-- Opening Marker --

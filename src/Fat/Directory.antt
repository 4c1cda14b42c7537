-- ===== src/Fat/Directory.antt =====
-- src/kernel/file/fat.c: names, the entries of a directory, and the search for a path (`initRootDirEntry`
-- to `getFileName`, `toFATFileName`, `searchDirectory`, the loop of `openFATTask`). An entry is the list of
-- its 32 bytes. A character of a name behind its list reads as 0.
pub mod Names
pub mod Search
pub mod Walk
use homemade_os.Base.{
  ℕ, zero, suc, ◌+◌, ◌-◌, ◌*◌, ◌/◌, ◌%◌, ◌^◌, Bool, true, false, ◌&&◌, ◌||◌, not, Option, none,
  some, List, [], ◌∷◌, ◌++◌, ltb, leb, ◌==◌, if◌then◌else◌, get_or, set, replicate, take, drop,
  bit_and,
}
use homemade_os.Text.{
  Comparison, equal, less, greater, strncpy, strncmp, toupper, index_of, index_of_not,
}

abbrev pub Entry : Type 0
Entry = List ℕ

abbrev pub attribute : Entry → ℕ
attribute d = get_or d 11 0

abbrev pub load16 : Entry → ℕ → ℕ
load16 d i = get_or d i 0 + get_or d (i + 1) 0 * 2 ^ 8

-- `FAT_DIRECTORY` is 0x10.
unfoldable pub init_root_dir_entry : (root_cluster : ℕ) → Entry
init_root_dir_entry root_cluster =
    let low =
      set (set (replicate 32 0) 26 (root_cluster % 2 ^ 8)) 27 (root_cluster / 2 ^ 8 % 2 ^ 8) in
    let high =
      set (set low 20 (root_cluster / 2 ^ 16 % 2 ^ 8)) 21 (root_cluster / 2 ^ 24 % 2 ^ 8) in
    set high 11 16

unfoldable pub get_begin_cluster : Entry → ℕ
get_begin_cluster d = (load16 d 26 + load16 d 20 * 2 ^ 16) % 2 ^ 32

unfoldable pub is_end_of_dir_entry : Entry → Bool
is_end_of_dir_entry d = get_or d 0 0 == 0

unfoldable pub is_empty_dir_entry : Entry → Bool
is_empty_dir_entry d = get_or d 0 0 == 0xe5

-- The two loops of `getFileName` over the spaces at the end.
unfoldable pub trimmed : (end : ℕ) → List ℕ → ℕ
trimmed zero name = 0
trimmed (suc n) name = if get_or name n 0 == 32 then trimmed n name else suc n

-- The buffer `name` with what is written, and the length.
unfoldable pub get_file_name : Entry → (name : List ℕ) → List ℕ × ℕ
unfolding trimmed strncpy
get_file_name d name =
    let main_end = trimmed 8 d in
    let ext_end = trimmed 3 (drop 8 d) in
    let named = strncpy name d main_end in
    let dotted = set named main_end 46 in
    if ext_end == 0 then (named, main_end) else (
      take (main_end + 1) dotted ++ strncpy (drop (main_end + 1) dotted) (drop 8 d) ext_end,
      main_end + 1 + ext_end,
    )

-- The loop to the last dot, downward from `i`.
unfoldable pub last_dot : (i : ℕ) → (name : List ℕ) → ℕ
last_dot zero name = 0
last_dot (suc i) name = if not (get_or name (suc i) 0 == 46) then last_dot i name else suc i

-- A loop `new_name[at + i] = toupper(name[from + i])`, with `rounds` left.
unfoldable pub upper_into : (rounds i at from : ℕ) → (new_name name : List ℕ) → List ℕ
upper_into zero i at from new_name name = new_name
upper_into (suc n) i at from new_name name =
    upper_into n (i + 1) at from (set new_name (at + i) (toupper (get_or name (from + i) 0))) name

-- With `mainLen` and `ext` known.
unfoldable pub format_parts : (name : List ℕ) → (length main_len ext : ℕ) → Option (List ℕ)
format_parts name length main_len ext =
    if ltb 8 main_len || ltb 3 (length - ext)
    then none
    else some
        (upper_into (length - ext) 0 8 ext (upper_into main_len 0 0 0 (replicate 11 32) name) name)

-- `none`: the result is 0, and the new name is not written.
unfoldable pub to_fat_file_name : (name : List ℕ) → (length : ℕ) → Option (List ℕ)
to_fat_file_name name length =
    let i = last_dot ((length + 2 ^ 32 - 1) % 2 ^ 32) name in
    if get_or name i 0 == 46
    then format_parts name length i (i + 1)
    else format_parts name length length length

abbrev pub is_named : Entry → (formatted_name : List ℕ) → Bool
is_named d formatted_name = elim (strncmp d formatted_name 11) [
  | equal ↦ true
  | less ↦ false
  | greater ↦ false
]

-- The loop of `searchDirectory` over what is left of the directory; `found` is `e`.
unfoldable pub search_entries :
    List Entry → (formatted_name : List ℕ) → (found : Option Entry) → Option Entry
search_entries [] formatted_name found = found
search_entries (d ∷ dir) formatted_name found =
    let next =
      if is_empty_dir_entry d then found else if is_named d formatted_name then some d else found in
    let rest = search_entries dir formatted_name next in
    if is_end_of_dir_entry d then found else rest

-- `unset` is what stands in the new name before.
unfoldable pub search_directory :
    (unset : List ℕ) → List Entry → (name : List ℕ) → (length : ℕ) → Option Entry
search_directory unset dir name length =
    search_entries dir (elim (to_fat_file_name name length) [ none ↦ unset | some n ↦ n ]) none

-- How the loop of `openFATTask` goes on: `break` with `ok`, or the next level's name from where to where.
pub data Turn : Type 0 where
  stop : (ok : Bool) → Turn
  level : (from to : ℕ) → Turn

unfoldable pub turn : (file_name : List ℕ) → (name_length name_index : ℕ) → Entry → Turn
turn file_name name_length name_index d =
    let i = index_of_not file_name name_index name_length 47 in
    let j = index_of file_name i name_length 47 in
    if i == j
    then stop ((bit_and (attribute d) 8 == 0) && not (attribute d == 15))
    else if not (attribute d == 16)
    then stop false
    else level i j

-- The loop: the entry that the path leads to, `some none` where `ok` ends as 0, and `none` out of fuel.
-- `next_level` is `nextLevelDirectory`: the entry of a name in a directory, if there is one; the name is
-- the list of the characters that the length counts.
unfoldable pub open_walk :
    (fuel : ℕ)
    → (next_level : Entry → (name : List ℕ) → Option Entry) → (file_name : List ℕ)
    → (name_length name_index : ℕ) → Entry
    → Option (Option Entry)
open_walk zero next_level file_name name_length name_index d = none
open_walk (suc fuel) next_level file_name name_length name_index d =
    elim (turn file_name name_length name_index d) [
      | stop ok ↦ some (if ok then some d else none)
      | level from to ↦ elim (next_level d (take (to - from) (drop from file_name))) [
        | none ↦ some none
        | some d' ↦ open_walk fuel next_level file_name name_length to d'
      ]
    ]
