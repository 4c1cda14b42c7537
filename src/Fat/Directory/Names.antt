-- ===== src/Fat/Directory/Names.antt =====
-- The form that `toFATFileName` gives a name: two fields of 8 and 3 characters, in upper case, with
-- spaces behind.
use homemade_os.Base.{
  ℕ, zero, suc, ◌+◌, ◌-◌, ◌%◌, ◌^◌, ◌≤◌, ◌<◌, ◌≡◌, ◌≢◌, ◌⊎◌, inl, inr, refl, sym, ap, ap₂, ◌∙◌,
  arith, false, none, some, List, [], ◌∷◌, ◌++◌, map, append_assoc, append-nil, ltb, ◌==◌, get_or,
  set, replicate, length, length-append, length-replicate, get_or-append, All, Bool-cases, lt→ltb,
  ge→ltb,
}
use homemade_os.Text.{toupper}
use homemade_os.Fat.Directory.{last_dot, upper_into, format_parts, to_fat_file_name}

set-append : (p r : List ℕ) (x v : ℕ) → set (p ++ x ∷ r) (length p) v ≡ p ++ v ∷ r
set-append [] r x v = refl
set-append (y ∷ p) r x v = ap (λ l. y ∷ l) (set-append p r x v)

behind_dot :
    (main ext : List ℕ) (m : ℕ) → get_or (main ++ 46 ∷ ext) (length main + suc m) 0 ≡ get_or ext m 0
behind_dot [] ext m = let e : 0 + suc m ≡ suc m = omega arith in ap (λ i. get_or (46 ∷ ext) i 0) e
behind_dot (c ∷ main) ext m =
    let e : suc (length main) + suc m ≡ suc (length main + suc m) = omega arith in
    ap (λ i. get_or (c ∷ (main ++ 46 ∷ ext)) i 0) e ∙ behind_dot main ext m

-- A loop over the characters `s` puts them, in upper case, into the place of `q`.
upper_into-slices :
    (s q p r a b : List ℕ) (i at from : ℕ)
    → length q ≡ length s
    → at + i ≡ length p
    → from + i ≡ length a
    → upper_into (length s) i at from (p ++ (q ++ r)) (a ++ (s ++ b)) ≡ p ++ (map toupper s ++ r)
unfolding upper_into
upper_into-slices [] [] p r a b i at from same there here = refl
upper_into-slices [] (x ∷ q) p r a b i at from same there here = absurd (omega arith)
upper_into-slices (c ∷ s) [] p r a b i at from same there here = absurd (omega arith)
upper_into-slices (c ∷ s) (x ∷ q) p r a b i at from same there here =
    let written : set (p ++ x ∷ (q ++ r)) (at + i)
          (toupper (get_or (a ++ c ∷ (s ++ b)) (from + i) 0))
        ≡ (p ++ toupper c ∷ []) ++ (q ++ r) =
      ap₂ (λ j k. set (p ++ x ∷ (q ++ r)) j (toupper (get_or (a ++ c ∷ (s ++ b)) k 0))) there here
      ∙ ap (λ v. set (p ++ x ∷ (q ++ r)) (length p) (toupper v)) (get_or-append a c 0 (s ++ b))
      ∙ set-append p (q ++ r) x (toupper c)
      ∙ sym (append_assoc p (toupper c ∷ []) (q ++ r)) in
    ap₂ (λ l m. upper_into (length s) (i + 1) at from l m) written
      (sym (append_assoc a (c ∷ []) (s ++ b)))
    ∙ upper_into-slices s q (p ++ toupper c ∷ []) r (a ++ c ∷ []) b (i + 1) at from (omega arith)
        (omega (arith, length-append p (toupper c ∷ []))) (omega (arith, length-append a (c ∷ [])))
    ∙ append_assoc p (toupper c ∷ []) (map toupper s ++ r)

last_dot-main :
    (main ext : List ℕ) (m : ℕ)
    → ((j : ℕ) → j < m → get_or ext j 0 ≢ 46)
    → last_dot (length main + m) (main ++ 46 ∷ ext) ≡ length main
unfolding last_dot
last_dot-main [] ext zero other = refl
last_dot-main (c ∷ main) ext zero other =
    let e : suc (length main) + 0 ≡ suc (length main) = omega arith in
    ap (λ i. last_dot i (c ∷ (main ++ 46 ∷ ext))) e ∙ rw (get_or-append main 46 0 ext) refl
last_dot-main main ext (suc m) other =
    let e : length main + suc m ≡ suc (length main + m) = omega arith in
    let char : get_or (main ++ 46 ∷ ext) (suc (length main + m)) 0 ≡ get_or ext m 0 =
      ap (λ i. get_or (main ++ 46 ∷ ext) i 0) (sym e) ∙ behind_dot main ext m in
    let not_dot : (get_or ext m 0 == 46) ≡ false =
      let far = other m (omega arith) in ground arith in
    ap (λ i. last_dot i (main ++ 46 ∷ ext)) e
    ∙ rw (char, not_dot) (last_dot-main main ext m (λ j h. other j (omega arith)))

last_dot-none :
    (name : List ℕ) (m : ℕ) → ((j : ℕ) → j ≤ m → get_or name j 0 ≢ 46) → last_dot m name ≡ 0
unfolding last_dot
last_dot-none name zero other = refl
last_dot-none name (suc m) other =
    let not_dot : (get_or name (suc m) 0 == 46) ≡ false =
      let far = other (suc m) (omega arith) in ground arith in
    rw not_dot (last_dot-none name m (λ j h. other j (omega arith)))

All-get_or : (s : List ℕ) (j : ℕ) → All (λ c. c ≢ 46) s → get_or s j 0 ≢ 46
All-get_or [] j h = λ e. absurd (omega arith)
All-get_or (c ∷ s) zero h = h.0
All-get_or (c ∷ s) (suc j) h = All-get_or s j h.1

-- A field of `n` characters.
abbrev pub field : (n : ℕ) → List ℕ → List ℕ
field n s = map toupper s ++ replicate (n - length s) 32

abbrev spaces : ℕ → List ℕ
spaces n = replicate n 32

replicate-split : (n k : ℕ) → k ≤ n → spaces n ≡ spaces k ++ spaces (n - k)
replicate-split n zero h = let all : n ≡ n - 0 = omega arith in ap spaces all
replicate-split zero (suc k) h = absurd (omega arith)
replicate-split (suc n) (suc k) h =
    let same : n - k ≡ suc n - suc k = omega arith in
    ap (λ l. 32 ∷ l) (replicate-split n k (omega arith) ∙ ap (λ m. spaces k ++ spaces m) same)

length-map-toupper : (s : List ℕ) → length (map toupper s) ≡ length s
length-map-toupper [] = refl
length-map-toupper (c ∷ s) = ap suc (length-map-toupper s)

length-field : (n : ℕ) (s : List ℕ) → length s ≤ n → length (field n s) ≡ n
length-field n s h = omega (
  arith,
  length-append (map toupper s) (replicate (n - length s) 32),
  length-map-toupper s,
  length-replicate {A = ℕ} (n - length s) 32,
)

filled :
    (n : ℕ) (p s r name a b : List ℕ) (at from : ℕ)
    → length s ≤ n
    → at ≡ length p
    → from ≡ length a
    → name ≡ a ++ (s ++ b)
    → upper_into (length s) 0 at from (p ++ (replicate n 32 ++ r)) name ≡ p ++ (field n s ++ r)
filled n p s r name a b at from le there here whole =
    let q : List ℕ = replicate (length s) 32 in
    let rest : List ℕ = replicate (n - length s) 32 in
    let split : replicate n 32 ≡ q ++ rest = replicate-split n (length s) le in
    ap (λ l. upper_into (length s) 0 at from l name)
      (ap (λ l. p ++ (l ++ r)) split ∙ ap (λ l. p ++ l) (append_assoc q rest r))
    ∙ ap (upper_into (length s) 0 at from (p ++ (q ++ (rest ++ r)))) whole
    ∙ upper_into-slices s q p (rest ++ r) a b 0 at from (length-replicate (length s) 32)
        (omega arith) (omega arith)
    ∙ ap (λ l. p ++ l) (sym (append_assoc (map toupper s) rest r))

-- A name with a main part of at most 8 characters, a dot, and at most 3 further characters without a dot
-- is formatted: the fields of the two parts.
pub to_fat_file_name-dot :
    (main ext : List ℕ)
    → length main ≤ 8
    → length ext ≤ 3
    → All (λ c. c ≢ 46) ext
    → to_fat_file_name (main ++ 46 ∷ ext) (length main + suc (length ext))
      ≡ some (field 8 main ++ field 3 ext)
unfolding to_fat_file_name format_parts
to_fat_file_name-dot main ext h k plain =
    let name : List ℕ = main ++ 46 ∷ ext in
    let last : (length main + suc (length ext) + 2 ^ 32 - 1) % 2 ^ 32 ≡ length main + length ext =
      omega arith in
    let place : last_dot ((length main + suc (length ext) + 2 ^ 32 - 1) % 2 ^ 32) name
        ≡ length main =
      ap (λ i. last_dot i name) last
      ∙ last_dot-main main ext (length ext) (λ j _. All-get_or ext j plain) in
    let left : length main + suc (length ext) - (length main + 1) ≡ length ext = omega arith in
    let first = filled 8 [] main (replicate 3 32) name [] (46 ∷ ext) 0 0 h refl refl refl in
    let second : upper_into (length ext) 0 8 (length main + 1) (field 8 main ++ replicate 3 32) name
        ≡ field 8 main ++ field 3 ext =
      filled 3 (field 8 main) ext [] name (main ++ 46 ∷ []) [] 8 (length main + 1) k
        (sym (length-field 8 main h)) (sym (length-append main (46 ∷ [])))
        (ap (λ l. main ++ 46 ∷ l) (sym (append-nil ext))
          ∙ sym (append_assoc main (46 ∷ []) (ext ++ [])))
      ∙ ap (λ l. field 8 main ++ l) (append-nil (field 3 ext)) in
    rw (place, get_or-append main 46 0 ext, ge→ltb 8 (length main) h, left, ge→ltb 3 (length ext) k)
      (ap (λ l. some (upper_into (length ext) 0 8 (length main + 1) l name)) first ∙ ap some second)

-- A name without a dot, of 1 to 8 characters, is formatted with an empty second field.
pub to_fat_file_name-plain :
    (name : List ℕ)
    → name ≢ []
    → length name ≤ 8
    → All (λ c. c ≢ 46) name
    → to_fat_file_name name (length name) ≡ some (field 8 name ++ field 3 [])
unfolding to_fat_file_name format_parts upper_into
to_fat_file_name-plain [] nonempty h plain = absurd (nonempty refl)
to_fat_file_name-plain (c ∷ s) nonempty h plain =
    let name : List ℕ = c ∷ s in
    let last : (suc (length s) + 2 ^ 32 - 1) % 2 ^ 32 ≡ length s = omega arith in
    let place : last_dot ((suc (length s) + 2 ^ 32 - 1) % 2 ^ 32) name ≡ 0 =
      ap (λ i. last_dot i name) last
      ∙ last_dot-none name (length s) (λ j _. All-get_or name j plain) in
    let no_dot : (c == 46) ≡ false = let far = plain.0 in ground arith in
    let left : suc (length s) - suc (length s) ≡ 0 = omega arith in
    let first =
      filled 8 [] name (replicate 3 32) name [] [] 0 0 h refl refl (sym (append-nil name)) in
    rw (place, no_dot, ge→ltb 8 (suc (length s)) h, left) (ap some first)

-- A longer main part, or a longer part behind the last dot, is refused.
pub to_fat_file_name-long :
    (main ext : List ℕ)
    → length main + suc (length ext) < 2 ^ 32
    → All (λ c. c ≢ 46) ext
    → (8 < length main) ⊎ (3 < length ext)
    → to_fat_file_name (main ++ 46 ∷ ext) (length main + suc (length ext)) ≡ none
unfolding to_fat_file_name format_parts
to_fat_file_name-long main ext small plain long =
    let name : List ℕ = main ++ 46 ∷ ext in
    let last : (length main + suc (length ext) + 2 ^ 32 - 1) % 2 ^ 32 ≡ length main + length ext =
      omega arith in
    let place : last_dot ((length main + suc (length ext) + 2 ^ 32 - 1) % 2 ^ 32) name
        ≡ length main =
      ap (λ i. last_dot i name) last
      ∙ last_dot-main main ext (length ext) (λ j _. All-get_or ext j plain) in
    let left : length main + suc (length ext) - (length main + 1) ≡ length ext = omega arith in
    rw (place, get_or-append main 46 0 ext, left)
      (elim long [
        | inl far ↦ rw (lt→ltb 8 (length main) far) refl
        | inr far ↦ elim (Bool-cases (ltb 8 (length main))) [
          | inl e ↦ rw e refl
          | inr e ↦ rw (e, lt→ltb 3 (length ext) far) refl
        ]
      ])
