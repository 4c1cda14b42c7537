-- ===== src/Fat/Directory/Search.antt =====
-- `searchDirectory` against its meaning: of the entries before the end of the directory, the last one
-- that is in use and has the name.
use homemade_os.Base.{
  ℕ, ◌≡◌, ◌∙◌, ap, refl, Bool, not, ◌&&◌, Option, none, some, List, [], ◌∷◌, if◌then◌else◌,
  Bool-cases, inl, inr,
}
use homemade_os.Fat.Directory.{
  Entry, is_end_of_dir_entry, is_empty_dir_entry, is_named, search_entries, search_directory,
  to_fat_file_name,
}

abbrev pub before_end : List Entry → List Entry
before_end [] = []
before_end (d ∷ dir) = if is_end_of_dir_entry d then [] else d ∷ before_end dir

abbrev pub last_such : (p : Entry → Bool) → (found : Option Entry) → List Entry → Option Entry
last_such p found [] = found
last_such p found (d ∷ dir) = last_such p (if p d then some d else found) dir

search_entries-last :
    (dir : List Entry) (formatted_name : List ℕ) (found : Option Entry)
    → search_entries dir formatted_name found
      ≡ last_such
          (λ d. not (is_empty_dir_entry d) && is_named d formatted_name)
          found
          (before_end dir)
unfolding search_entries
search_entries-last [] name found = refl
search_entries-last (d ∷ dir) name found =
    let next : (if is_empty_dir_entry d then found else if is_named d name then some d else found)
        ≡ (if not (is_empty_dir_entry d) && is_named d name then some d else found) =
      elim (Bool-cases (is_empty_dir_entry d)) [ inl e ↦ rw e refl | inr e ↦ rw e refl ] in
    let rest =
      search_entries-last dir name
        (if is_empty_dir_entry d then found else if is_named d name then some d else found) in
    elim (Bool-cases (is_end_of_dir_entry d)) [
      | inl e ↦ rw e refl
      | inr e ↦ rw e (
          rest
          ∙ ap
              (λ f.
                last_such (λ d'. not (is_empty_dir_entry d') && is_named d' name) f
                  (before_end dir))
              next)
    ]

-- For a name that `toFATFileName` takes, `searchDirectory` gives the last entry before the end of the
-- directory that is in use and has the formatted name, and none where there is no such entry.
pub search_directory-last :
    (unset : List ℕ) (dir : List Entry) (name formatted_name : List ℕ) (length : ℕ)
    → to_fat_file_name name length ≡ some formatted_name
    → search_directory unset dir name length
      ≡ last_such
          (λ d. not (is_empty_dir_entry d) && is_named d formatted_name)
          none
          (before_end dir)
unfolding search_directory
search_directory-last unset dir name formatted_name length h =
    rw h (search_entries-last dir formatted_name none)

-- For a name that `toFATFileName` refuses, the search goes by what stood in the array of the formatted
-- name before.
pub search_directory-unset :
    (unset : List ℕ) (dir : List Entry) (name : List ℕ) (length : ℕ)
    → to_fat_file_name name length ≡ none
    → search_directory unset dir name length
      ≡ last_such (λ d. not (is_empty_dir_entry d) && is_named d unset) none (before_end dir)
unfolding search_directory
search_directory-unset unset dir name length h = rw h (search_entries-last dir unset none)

-- Closing Marker --

◆ Task brief ◆
Using the data above, count the lines where "false" appears. Reply with the number only.

◆ Response for this exercise ◆
8